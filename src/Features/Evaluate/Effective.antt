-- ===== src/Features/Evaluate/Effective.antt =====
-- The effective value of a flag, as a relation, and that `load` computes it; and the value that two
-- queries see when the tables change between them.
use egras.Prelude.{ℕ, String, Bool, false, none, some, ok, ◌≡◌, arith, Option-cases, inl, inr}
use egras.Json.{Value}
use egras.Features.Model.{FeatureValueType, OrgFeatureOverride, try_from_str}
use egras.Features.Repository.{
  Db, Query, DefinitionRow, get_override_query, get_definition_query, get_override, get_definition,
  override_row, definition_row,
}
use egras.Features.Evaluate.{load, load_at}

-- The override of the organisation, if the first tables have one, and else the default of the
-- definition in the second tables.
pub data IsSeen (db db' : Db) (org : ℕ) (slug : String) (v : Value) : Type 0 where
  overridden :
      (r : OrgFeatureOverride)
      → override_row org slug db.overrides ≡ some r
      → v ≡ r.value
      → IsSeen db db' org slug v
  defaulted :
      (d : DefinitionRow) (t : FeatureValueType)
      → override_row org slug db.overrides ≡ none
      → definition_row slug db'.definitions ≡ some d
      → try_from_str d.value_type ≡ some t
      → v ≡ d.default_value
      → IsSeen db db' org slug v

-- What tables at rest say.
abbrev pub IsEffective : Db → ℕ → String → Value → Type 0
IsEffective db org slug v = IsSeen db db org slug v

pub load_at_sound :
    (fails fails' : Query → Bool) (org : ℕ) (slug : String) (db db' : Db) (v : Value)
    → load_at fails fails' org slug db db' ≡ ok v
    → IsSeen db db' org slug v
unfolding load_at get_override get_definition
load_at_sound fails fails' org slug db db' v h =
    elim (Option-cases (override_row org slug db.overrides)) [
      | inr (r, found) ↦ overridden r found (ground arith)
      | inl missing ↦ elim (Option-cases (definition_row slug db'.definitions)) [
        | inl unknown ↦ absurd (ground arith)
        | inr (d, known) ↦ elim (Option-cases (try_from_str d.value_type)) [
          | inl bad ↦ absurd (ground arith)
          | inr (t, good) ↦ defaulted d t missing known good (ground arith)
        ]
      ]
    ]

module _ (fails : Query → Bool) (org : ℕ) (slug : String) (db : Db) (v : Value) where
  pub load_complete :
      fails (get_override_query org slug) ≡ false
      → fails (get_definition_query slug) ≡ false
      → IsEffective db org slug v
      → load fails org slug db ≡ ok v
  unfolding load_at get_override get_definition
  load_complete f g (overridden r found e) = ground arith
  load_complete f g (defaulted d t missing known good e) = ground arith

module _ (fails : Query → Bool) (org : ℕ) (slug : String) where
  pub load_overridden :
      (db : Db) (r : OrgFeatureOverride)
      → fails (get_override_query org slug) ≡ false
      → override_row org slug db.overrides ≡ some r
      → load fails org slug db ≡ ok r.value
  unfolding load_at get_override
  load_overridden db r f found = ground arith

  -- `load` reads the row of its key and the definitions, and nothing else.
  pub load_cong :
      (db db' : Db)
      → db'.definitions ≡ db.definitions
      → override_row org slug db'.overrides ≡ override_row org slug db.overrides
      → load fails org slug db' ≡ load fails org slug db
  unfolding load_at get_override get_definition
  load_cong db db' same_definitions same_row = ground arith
────────
[Exercise goal]
Copy all lines from the entries that contain the word "some".

[Your solution]
use egras.Prelude.{ℕ, String, Bool, false, none, some, ok, ◌≡◌, arith, Option-cases, inl, inr}
      → override_row org slug db.overrides ≡ some r
      → definition_row slug db'.definitions ≡ some d
      → try_from_str d.value_type ≡ some t
      → override_row org slug db.overrides ≡ some r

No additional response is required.